-- EXERCISE BRIEF --
Show all lines below holding the string "that".

Stored dataset items
-------------------------

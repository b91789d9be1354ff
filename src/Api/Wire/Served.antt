-- ===== src/Api/Wire/Served.antt =====
-- What a node serves, from its pool and from its block store, is what another node reads.
use shifupool.Base.{
  ℕ, suc, ◌≡◌, ◌<◌, refl, sym, ap, ◌∙◌, Option-cases, Result-cases, some, List, [], ◌∷◌, append-nil,
  map, Bytes, All, length, arith, returned, returned_eq, threw-ne-returned, inl, inr,
}
use shifupool.Words.{u32_mod}
use shifupool.Crypto.{Primitives}
use shifupool.Transaction.{Transaction, TransactionInfo, transaction_info_to_buffer}
use shifupool.Transaction
use shifupool.Block.{Block, IsBlockHeader, block_header_to_buffer}
use shifupool.Block
use shifupool.DataStore.{LevelDb, IsReliable}
use shifupool.MemPool.{MemPool, raw_from, get_raw}
use shifupool.BlockStore.{transaction_key, read_transactions, read_raw, get_raw_data, set_block}
use shifupool.BlockStore.Layout.{info_of_image}
use shifupool.BlockStore.Blocks.{IsStorable, set_block-found}
use shifupool.Api.{
  transactions_to_buffer, block_to_buffer, parse_raw_transactions, parse_raw_blocks,
}
use shifupool.Api.Wire.{
  received, IsSent, received_block, parse_raw_transactions-to_buffer,
  parse_raw_blocks-blocks_to_buffer, blocks_to_buffer,
}

raw_from-to_buffer :
    (ts : List Transaction) (buf : Bytes) → raw_from ts buf ≡ transactions_to_buffer ts buf
unfolding raw_from transactions_to_buffer
raw_from-to_buffer [] buf = refl
raw_from-to_buffer (t ∷ ts) buf =
    raw_from-to_buffer ts (transaction_info_to_buffer (Transaction.serialize t) buf)

-- What getRaw of a pool gives is read by readRawTransactions as the waiting transactions in
-- order, with the senders computed from the keys, where their members have the sizes of their
-- types.
pub parse_raw_transactions-get_raw :
    (p : Primitives) (stale : Bytes) (m : MemPool)
    → All IsSent m.transaction_queue
    → parse_raw_transactions p stale (get_raw m)
      ≡ returned (map (received p stale) m.transaction_queue)
unfolding get_raw
parse_raw_transactions-get_raw p stale m sent =
    ap (parse_raw_transactions p stale) (raw_from-to_buffer m.transaction_queue [])
    ∙ parse_raw_transactions-to_buffer p stale m.transaction_queue sent

head_eq : {A : Type 0} {x y : A} {xs ys : List A} → ◌≡◌ {A = List A} (x ∷ xs) (y ∷ ys) → x ≡ y
head_eq e = cc

tail_eq : {A : Type 0} {x y : A} {xs ys : List A} → ◌≡◌ {A = List A} (x ∷ xs) (y ∷ ys) → xs ≡ ys
tail_eq e = cc

module _ {DB : Type 0} (db : LevelDb DB Bytes) where
  -- One entry of a list that was read.
  read_transactions-first :
      (d : DB) (id i n : ℕ) (info : TransactionInfo) (infos : List TransactionInfo)
      → read_transactions db d id i (suc n) ≡ returned (info ∷ infos)
      → (v : Bytes) × (db.get d (transaction_key id i) ≡ some v)
        × (info_of_image v ≡ info)
        × (read_transactions db d id (suc i) n ≡ returned infos)
  unfolding read_transactions
  read_transactions-first d id i n info infos e =
      elim (Option-cases (db.get d (transaction_key id i))) [
        | inl missing ↦ absurd (threw-ne-returned (rw (missing, read_transactions) at e))
        | inr (v, there) ↦ elim (Result-cases (read_transactions db d id (suc i) n)) [
          | inr (ex, q) ↦
              absurd (
                threw-ne-returned (rw (q, read_transactions) at rw (there, read_transactions) at e))
          | inl (rest, q) ↦
              let same =
                returned_eq (rw (q, read_transactions) at rw (there, read_transactions) at e) in
              (v, there, head_eq same, q ∙ ap returned (tail_eq same))
        ]
      ]

  read_raw-to_buffer :
      (d : DB) (id i : ℕ) (ts : List Transaction) (buf : Bytes)
      → read_transactions db d id i (length ts) ≡ returned (map Transaction.serialize ts)
      → read_raw db d id i (length ts) buf ≡ returned (transactions_to_buffer ts buf)
  unfolding read_raw transactions_to_buffer
  read_raw-to_buffer d id i [] buf found = refl
  read_raw-to_buffer d id i (t ∷ ts) buf found =
      let (v, there, same, rest) = read_transactions-first d id i (length ts) _ _ found in
      rw (there, read_raw) (rw same (read_raw-to_buffer d id (suc i) ts _ rest))

  -- Over a reliable database, the bytes that getRawData gives for a block that was stored,
  -- whose members have the sizes of their types, are read by readRawBlocks as exactly this
  -- block, with the senders computed from the keys.
  pub parse_raw_blocks-get_raw_data :
      (reliable : IsReliable db) (p : Primitives) (stale : Bytes) (b : Block) (d : DB)
      → IsBlockHeader (Block.serialize b)
      → length b.transactions < u32_mod
      → All IsStorable b.transactions
      → (bytes : Bytes) × (get_raw_data db (set_block db b d).1 b.id ≡ returned bytes)
        × (parse_raw_blocks p stale bytes ≡ returned (received_block p stale b ∷ []))
  unfolding get_raw_data block_to_buffer blocks_to_buffer
  parse_raw_blocks-get_raw_data reliable p stale b d header room good =
      let (there, found) = set_block-found db reliable b d header room good in
      (
        block_to_buffer b,
        rw (there, get_raw_data)
            (rw (counted b room) (read_raw-to_buffer _ b.id 0 b.transactions _ found)),
        ap (parse_raw_blocks p stale) (sym (append-nil (block_to_buffer b)))
            ∙ parse_raw_blocks-blocks_to_buffer p stale b []
                (record { header = header; count = room; transactions = sent b.transactions good })
                tt,
      )
    where
      counted :
          (b : Block)
          → length b.transactions < u32_mod
          → (Block.serialize b).num_transactions ≡ length b.transactions
      counted b small = unfold Block.serialize in omega arith

      sent : (ts : List Transaction) → All IsStorable ts → All IsSent ts
      sent [] all = tt
      sent (t ∷ ts) all = (all.0.info, sent ts all.1)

-------------------------

-- RESULT BELOW --
  -- One entry of a list that was read.
  -- Over a reliable database, the bytes that getRawData gives for a block that was stored,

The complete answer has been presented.